Memory operations on a custom backend


I a working on he integration for a new device in PyTorch.
I have been reading the (good) documentation on adding a new backend, so far things seems pretty simple: adding operator implementations with a custom dispatcher key and compiling it as a C++ extension.
However one piece of information is missing from my reading (sorry if I missed it from the doc), how do I make PyTorch able to handle the memory operations (allocation, memcpy, copy across different type of devices)?

I see a reference to VulkanOpaqueTensorImpl that could be helpful, however I struggle to see which bit I can modify to make the allocations happen on my device.

What I was expecting to do is to providing callback functions for memory management.

Can I get a little help with this? Maybe some reference will do.
Thank you!

You could take a look at add open device registration test with cpp extensions by bdhirsh · Pull Request #80477 · pytorch/pytorch · GitHub.

1 Like

Yep! The PR that Bairen linked shows a basic example of adding a custom device with its own allocator, and copying to/from cpu. Let me know if you have any questions!

That PR also shows a basic example of open registration (adding a new PyTorch device in c++, with no changes needed to PyTorch core).
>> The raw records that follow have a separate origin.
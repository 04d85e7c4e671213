-- ===== src/Config/Applications.antt =====
-- crates/buran-config/src: applications (validate_application) and the number of workers (cpu.rs).
use buran.Prelude.{
  div_ceil, ℕ, zero, suc, ◌+◌, ◌-◌, ◌*◌, ◌/◌, ◌^◌, ◌≤◌, ◌<◌, min, max, Bool, true, false, not, ◌&&◌,
  ◌||◌, Option, none, some, [], ◌∷◌, leb, if◌then◌else◌, Bytes, all, is_empty, ◌≡◌, refl, arith,
  Bool-cases, inl, inr, leb→le, subst, ◌%◌, ◌==◌,
}
use native.Mathlib.Nat.{div-add-mod', mod-lt, suc-mul}
use buran.Config.{
  Application, Processes, Checked, passed, invalid, require, ◌>>=◌, require-true, bind-passed,
  fixed, dynamic, auto, bad_module, zero_processes, too_many_spare, zero_concurrency, zero_queue,
  short_task_timeout, bad_extension, zero_processes,
}

unfoldable pub cores_from_quota : ℕ → ℕ → Option ℕ
cores_from_quota quota period =
    if quota == 0 || period == 0 then none else some (max (div_ceil quota period) 1)

-- `auto_worker_count`: what the system reports, and the quota of the control group.
unfoldable pub auto_worker_count : ℕ → Option ℕ → ℕ
auto_worker_count parallelism (some quota) = min (max (min parallelism quota) 1) (2 ^ 32 - 1)
auto_worker_count parallelism none = min (max parallelism 1) (2 ^ 32 - 1)

above : (d c p q : ℕ) → c ≡ suc d → d * p < q → (c - 1) * p < q
above d c p q e h = let same : d ≡ c - 1 = omega (arith, e) in subst (λ x. x * p < q) same h

ceiling :
    (d r p q : ℕ)
    → d * p + r ≡ q
    → r < p
    → 1 ≤ q
    → (q ≤ max (if r == 0 then d else d + 1) 1 * p)
      × ((max (if r == 0 then d else d + 1) 1 - 1) * p < q)
ceiling zero r p q e small some_quota =
    let one : max (if r == 0 then zero else zero + 1) 1 ≡ 1 = ground arith in
    rw one (omega (arith, e, small), omega (arith, some_quota))
ceiling (suc d) zero p q e small some_quota =
    let cores : max (suc d) 1 ≡ suc d = omega arith in
    rw cores (omega (arith, e), above d (suc d) p q refl (omega (arith, e, suc-mul d p, small)))
ceiling (suc d) (suc r) p q e small some_quota =
    let cores : max (if suc r == 0 then suc d else suc d + 1) 1 ≡ suc (suc d) = ground arith in
    rw cores (
      omega (arith, e, small, suc-mul (suc d) p),
      above (suc d) (suc (suc d)) p q refl (omega (arith, e)),
    )

-- The cores are enough for the quota, and less than one is to spare.
pub cores_from_quota-ceiling :
    (quota period cores : ℕ)
    → cores_from_quota quota period ≡ some cores
    → (quota ≤ cores * period) × ((cores - 1) * period < quota)
unfolding cores_from_quota
cores_from_quota-ceiling quota period cores e = elim (Bool-cases (quota == 0 || period == 0)) [
  | inl unlimited ↦ cc (rw unlimited at e)
  | inr limited ↦
      let same : max (div_ceil quota period) 1 ≡ cores = cc (rw limited at e) in
      subst (λ c. (quota ≤ c * period) × ((c - 1) * period < quota)) same
        (ceiling (quota / period) (quota % period) period quota (div-add-mod' quota period)
          (mod-lt quota (ground (arith, limited))) (ground (arith, limited)))
]

pub auto_worker_count-bounds :
    (parallelism : ℕ) (quota : Option ℕ)
    → (1 ≤ auto_worker_count parallelism quota) × (auto_worker_count parallelism quota < 2 ^ 32)
unfolding auto_worker_count
auto_worker_count-bounds parallelism none = (omega arith, omega arith)
auto_worker_count-bounds parallelism (some quota) = (omega arith, omega arith)

abbrev is_module_byte : ℕ → Bool
is_module_byte b =
    (leb b'a' b && leb b b'z') || ((leb b'0' b && leb b b'9') || (b == b'-' || b == b'_'))

abbrev pub is_module_name : Bytes → Bool
is_module_name name = not (is_empty name) && all is_module_byte name

unfoldable pub check_processes : Processes → Checked Unit
check_processes (fixed n) = require (not (n == 0)) zero_processes
check_processes (dynamic max spare idle) =
    if max == 0 then invalid zero_processes else require (leb spare max) too_many_spare
check_processes auto = passed tt

abbrev pub is_extension : Bytes → Bool
is_extension [] = false
is_extension (b ∷ []) = false
is_extension (b ∷ (c ∷ bs)) = b == b'.'

abbrev pub is_zero : Option ℕ → Bool
is_zero (some n) = n == 0
is_zero none = false

unfoldable pub validate_application : Application → Checked Unit
unfolding check_processes
validate_application app = do
  name ← require (is_module_name app.module_name) bad_module
  processes ← check_processes app.processes
  concurrency ← require (not (is_zero app.concurrency)) zero_concurrency
  queue ← require (not (app.queue.max == 0)) zero_queue
  limits ← require (leb app.limits.response_timeout app.limits.task_timeout) short_task_timeout
  require (all is_extension app.execute) bad_extension

-- `Processes::max`, given the count for `auto`.
unfoldable pub max_processes : ℕ → Processes → ℕ
max_processes count (fixed n) = n
max_processes count (dynamic max spare idle) = max
max_processes count auto = count

abbrev spare_fits : Processes → Bool
spare_fits (dynamic max spare idle) = leb spare max
spare_fits _ = true

-- What a pool relies on: workers, no `auto` being left, slots, room in the queue, and time.
pub record IsRunnable (app : Application) : Type 0 where
  pub workers : 1 ≤ max_processes 0 app.processes
  pub spare : spare_fits app.processes ≡ true
  pub slots : is_zero app.concurrency ≡ false
  pub room : 1 ≤ app.queue.max
  pub time : app.limits.response_timeout ≤ app.limits.task_timeout
  pub name : is_module_name app.module_name ≡ true

abbrev pub is_auto : Processes → Bool
is_auto auto = true
is_auto _ = false

check_processes-max :
    (p : Processes) (u : Unit)
    → is_auto p ≡ false
    → check_processes p ≡ passed u
    → (1 ≤ max_processes 0 p) × (spare_fits p ≡ true)
unfolding check_processes max_processes
check_processes-max (fixed n) u a e = (ground (arith, require-true _ _ u e), refl)
check_processes-max auto u a e = cc a
check_processes-max (dynamic max spare idle) u a e = elim (Bool-cases (max == 0)) [
  | inl zero_max ↦ cc (rw zero_max at e)
  | inr some_max ↦ (ground (arith, some_max), require-true _ _ u (rw some_max at e))
]

pub validate_application-IsRunnable :
    (app : Application) (u : Unit)
    → is_auto app.processes ≡ false
    → validate_application app ≡ passed u
    → IsRunnable app
unfolding validate_application
validate_application-IsRunnable app u a e =
    let (u₁, (name, e₁)) = bind-passed _ _ u e in
    let (u₂, (processes, e₂)) = bind-passed _ _ u e₁ in
    let (u₃, (concurrency, e₃)) = bind-passed _ _ u e₂ in
    let (u₄, (queue, e₄)) = bind-passed _ _ u e₃ in
    let (u₅, (limits, e₅)) = bind-passed _ _ u e₄ in
    let (workers, spare) = check_processes-max app.processes u₂ a processes in
    let some_slots : not (is_zero app.concurrency) ≡ true = require-true _ _ u₃ concurrency in
    let some_room : not (app.queue.max == 0) ≡ true = require-true _ _ u₄ queue in
    record {
      workers = workers;
      spare = spare;
      slots = ground (arith, some_slots);
      room = ground (arith, some_room);
      time = leb→le _ _ (require-true _ _ u₅ limits);
      name = require-true _ _ u₁ name;
    }
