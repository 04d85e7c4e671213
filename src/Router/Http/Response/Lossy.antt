-- ===== src/Router/Http/Response/Lossy.antt =====
-- `String::from_utf8_lossy`, by which crates/buran-router/src/http1.rs writes header lines of a worker.
use buran.Prelude.{
  between, ℕ, zero, suc, Bool, true, false, [], ◌∷◌, ◌++◌, ltb, ◌==◌, if◌then◌else◌, Bytes, length,
  take, drop,
}

-- `String::from_utf8_lossy`: a broken sequence, as far as it could go on, becomes U+FFFD. What a
-- sequence has at a place, zero past the end.
abbrev byte_at : ℕ → Bytes → ℕ
byte_at i [] = 0
byte_at zero (b ∷ bs) = b
byte_at (suc i) (b ∷ bs) = byte_at i bs

abbrev tail_byte : ℕ → Bool
tail_byte = between 128 191

abbrev second_of_three : ℕ → ℕ → Bool
second_of_three a b =
    if a == 224 then between 160 191 b else if a == 237 then between 128 159 b else tail_byte b

abbrev second_of_four : ℕ → ℕ → Bool
second_of_four a b =
    if a == 240 then between 144 191 b else if a == 244 then between 128 143 b else tail_byte b

-- Whether a sequence is complete, and its length.
unfoldable pub sequence : Bytes → Bool × ℕ
sequence v =
    let a = byte_at 0 v in
    let b = byte_at 1 v in
    let c = byte_at 2 v in
    let d = byte_at 3 v in
    if ltb a 128
    then (true, 1)
    else if between 194 223 a
    then (if tail_byte b then (true, 2) else (false, 1))
    else if between 224 239 a
    then (if second_of_three a b
        then (if tail_byte c then (true, 3) else (false, 2))
        else (false, 1))
    else if between 240 244 a
    then (if second_of_four a b
        then (if tail_byte c then (if tail_byte d then (true, 4) else (false, 3)) else (false, 2))
        else (false, 1))
    else (false, 1)

abbrev pub replacement : Bytes
replacement = 239 ∷ 191 ∷ 189 ∷ []

unfoldable pub lossy_loop : ℕ → Bytes → Bytes
unfolding sequence
lossy_loop zero v = []
lossy_loop (suc fuel) [] = []
lossy_loop (suc fuel) (b ∷ bs) =
    let (valid, n) = sequence (b ∷ bs) in
    (if valid then take n (b ∷ bs) else replacement) ++ lossy_loop fuel (drop n (b ∷ bs))

unfoldable pub from_utf8_lossy : Bytes → Bytes
unfolding lossy_loop
from_utf8_lossy v = lossy_loop (length v) v
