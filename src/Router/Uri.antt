-- ===== src/Router/Uri.antt =====
-- crates/buran-router/src/uri.rs: percent-decoding and the normalisation of paths.
pub mod Segments
pub mod Separators
pub mod Dates
pub mod Normal
pub mod Percent
use buran.Prelude.{
  between, ℕ, ◌+◌, ◌-◌, ◌*◌, Bool, true, false, ◌&&◌, ◌||◌, Option, none, some, List, [], ◌∷◌, ◌++◌,
  reverse, leb, ◌==◌, if◌then◌else◌, Bytes, is_empty,
}

unfoldable pub hex : ℕ → Option ℕ
hex b =
    if between b'0' b'9' b
    then some (b - b'0')
    else if between b'a' b'f' b
    then some (b - b'a' + 10)
    else if between b'A' b'F' b
    then some (b - b'A' + 10)
    else none

abbrev both_digits : Option ℕ → Option ℕ → Option ℕ
both_digits (some hi) (some lo) = some (hi * 16 + lo)
both_digits _ _ = none

-- The byte that three bytes `%XX` stand for.
unfoldable pub escape : ℕ → ℕ → ℕ → Option ℕ
unfolding hex
escape a b c = if a == b'%' then both_digits (hex b) (hex c) else none

unfoldable pub percent_decode : Bytes → Bytes
unfolding escape
percent_decode (a ∷ b ∷ c ∷ rest) = elim (escape a b c) [
  | some v ↦ v ∷ percent_decode rest
  | none ↦ a ∷ percent_decode (b ∷ c ∷ rest)
]
percent_decode (a ∷ b ∷ []) = a ∷ b ∷ []
percent_decode (a ∷ []) = a ∷ []
percent_decode [] = []

abbrev pub cons_head : ℕ → List Bytes → List Bytes
cons_head b [] = (b ∷ []) ∷ []
cons_head b (s ∷ ss) = (b ∷ s) ∷ ss

-- `slice.split(|&b| b == sep)`.
unfoldable pub split : ℕ → Bytes → List Bytes
split sep [] = [] ∷ []
split sep (b ∷ bs) = let rest = split sep bs in if b == sep then [] ∷ rest else cons_head b rest

abbrev pub is_dot : Bytes → Bool
is_dot (a ∷ []) = a == b'.'
is_dot _ = false

abbrev pub is_dot_dot : Bytes → Bool
is_dot_dot (a ∷ b ∷ []) = a == b'.' && b == b'.'
is_dot_dot _ = false

abbrev pub pop : List Bytes → List Bytes
pop [] = []
pop (s ∷ ss) = ss

-- One segment; the top of the stack stands first.
unfoldable pub push_segment : List Bytes → Bytes → List Bytes
push_segment stack s =
    if is_empty s || is_dot s then stack else if is_dot_dot s then pop stack else s ∷ stack

unfoldable pub resolve : List Bytes → List Bytes → List Bytes
unfolding push_segment
resolve stack [] = stack
resolve stack (s ∷ ss) = resolve (push_segment stack s) ss

unfoldable pub join : List Bytes → Bytes
join [] = []
join (s ∷ ss) = b'/' ∷ (s ++ join ss)

unfoldable pub ends_with_slash : Bytes → Bool
ends_with_slash [] = false
ends_with_slash (b ∷ []) = b == b'/'
ends_with_slash (b ∷ (c ∷ bs)) = ends_with_slash (c ∷ bs)

unfoldable pub normalize_path : Bytes → Bytes
unfolding percent_decode split resolve join ends_with_slash
normalize_path path =
    let decoded = percent_decode path in
    let out = join (reverse (resolve [] (split b'/' decoded))) in
    if is_empty out || ends_with_slash decoded then out ++ (b'/' ∷ []) else out
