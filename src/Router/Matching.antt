-- ===== src/Router/Matching.antt =====
-- crates/buran-router/src/matching.rs: patterns of `match` blocks and address sets. The regex
-- crate is a parameter. A `&str` pattern is its UTF-8 bytes.
pub mod Wildcards
pub mod Sets
use buran.Prelude.{
  ℕ, zero, suc, ◌+◌, ◌-◌, ◌*◌, ◌/◌, ◌%◌, ◌^◌, Bool, true, false, not, ◌&&◌, ◌||◌, Option, none,
  some, List, [], ◌∷◌, ◌++◌, map, ltb, leb, ◌==◌, if◌then◌else◌, Bytes, length, take, drop, any,
  is_empty, bytes_eq, codes, bit_and,
}
use buran.Router.Uri.{split}
use mathlib.Core.Option.{map as map_option}

-- What the router uses of `regex::bytes`: `build` has the size limits of `build_bounded_regex`.
pub record RegexEngine : Type 1 where
  pub Regex : Type 0
  pub build : Bytes → Option Regex
  pub is_match : Regex → Bytes → Bool
  pub escape : Bytes → Bytes

pub data Pattern (R : Type 0) : Type 0 where
  exact : Bytes → Pattern R
  prefix : Bytes → Pattern R
  suffix : Bytes → Pattern R
  circumfix : Bytes → Bytes → Pattern R
  any_value : Pattern R
  regex : R → Pattern R

unfoldable pub starts_with : Bytes → Bytes → Bool
starts_with [] v = true
starts_with (b ∷ p) [] = false
starts_with (b ∷ p) (c ∷ v) = b == c && starts_with p v

unfoldable pub ends_with : Bytes → Bytes → Bool
ends_with s v = leb (length s) (length v) && bytes_eq s (drop (length v - length s) v)

unfoldable pub to_lower : ℕ → ℕ
to_lower b = if leb b'A' b && leb b b'Z' then b + 32 else b

abbrev pub to_ascii_lowercase : Bytes → Bytes
to_ascii_lowercase v = map to_lower v

abbrev pub lower_if : Bool → Bytes → Bytes
lower_if true v = to_ascii_lowercase v
lower_if false v = v

abbrev star : ℕ
star = b'*'

unfoldable pub count_stars : Bytes → ℕ
count_stars [] = 0
count_stars (b ∷ bs) = (if b == star then 1 else 0) + count_stars bs

-- What stands before the first star, and what stands behind it.
unfoldable pub around_star : Bytes → Bytes × Bytes
around_star [] = ([], [])
around_star (b ∷ bs) =
    let (before, after) = around_star bs in if b == star then ([], bs) else (b ∷ before, after)

abbrev one_star : {R : Type 0} → Bytes × Bytes → Pattern R
one_star ([], []) = any_value
one_star ([], s ∷ ss) = suffix (s ∷ ss)
one_star (p ∷ ps, []) = prefix (p ∷ ps)
one_star (p ∷ ps, s ∷ ss) = circumfix (p ∷ ps) (s ∷ ss)

-- `strip_prefix` of one character.
unfoldable pub strip : ℕ → Bytes → Option Bytes
strip c [] = none
strip c (b ∷ bs) = if b == c then some bs else none

abbrev join_with : Bytes → List Bytes → Bytes
join_with sep [] = []
join_with sep (s ∷ []) = s
join_with sep (s ∷ (t ∷ ss)) = s ++ (sep ++ join_with sep (t ∷ ss))

-- A set of patterns or of networks: a value must hit no negative one, and a positive one if
-- there is any.
pub record Signed (A : Type 0) : Type 0 where
  pub positive : List A
  pub negative : List A

-- `PatternSet::matches` and `CidrSet::matches`, for the test of one member.
unfoldable pub admits : {A : Type 0} → (A → Bool) → Signed A → Bool
admits test set =
    if any test set.negative
    then false
    else if is_empty set.positive
    then true
    else any test set.positive

infixl 10 ◌>>=◌
abbrev pub ◌>>=◌ : {A B : Type 0} → Option A → (A → Option B) → Option B
none >>= f = none
some a >>= f = f a

-- Both `compile` loops: a leading `!` negates an entry, and the first bad entry is the result.
abbrev pub signed_entry : Bytes → Option Bytes → Bool × Bytes
signed_entry raw none = (false, raw)
signed_entry raw (some rest) = (true, rest)

unfoldable pub add_signed : {A : Type 0} → Bool → A → Signed A → Signed A
add_signed true a set = record set { negative = a ∷ set.negative }
add_signed false a set = record set { positive = a ∷ set.positive }

unfoldable pub compile_signed : {A : Type 0} → (Bytes → Option A) → List Bytes → Option (Signed A)
unfolding strip
compile_signed compile_one [] = some (record { positive = []; negative = [] })
compile_signed compile_one (raw ∷ raws) = do
  let (negated, body) = signed_entry raw (strip b'!' raw)
  a ← compile_one body
  set ← compile_signed compile_one raws
  some (add_signed negated a set)

module _ (E : RegexEngine) where
  abbrev regex_of : Bytes → Option (Pattern E.Regex)
  regex_of source = map_option regex (E.build source)

  abbrev pub wildcard : Bytes → ℕ → Option (Pattern E.Regex)
  wildcard body zero = some (exact body)
  wildcard body (suc zero) = some (one_star (around_star body))
  wildcard body (suc (suc _)) =
      regex_of (codes "^" ++ (join_with (codes ".*") (map E.escape (split star body)) ++ codes "$"))

  -- A body with no leading `~`, by the number of its stars.
  unfoldable pub compile_wildcard : Bytes → Option (Pattern E.Regex)
  compile_wildcard body = wildcard body (count_stars body)

  abbrev pub compile_body : Bool → Bytes → Option Bytes → Option (Pattern E.Regex)
  compile_body ci body (some re) = regex_of (if ci then codes "(?i)" ++ re else re)
  compile_body ci body none = compile_wildcard (lower_if ci body)

  -- `none` is a regex that does not build.
  unfoldable pub compile_pattern : Bool → Bytes → Option (Pattern E.Regex)
  unfolding compile_wildcard strip
  compile_pattern ci body = compile_body ci body (strip b'~' body)

  unfoldable pub pattern_matches : Bytes → Pattern E.Regex → Bool
  unfolding bytes_eq starts_with ends_with
  pattern_matches value (exact p) = bytes_eq value p
  pattern_matches value (prefix p) = starts_with p value
  pattern_matches value (suffix s) = ends_with s value
  pattern_matches value (circumfix p s) =
      leb (length p + length s) (length value) && (starts_with p value && ends_with s value)
  pattern_matches value any_value = true
  pattern_matches value (regex re) = E.is_match re value

  unfoldable pub compile_set : List Bytes → Bool → Option (Signed (Pattern E.Regex))
  compile_set patterns ci = compile_signed (compile_pattern ci) patterns

  unfoldable pub set_matches : Signed (Pattern E.Regex) → Bytes → Bool → Bool
  set_matches set value ci = admits (pattern_matches (lower_if ci value)) set

-- Addresses by their octets.
pub data IpAddr : Type 0 where
  v4 v6 : Bytes → IpAddr

pub record Cidr : Type 0 where
  pub addr : IpAddr
  pub prefix_len : ℕ

-- The octet at an index; an index out of range is a panic in the source.
abbrev pub octet : Bytes → ℕ → ℕ
octet [] i = 0
octet (b ∷ bs) zero = b
octet (b ∷ bs) (suc i) = octet bs i

unfoldable pub prefix_eq : Bytes → Bytes → ℕ → Bool
prefix_eq a b n =
    let full = n / 8 in
    let bits = n % 8 in
    let mask = 255 - 255 / 2 ^ bits in
    if not (bytes_eq (take full a) (take full b))
    then false
    else if bits == 0
    then true
    else bit_and (octet a full) mask == bit_and (octet b full) mask

unfoldable pub contains : IpAddr → Cidr → Bool
contains ip net = same_family ip net.addr
  where
    same_family : IpAddr → IpAddr → Bool
    same_family (v4 ip) (v4 net_addr) = prefix_eq ip net_addr net.prefix_len
    same_family (v6 ip) (v6 net_addr) = prefix_eq ip net_addr net.prefix_len
    same_family _ _ = false

unfoldable pub cidr_set_matches : Signed Cidr → IpAddr → Bool
cidr_set_matches set ip = admits (contains ip) set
Better docs for it coming soon!

1 Like

Thanks that’s what I was looking for!
So it’s all about the Aten library.
I am new to Pytorch dev so I was missing that bit… I really appreciate the quality of the documentation, thanks to the team!

Would it be possible to get a summary of the steps needed/to consider for integrating a custom accelerator aside from the kernel registrations? Or maybe that PR already contains everything?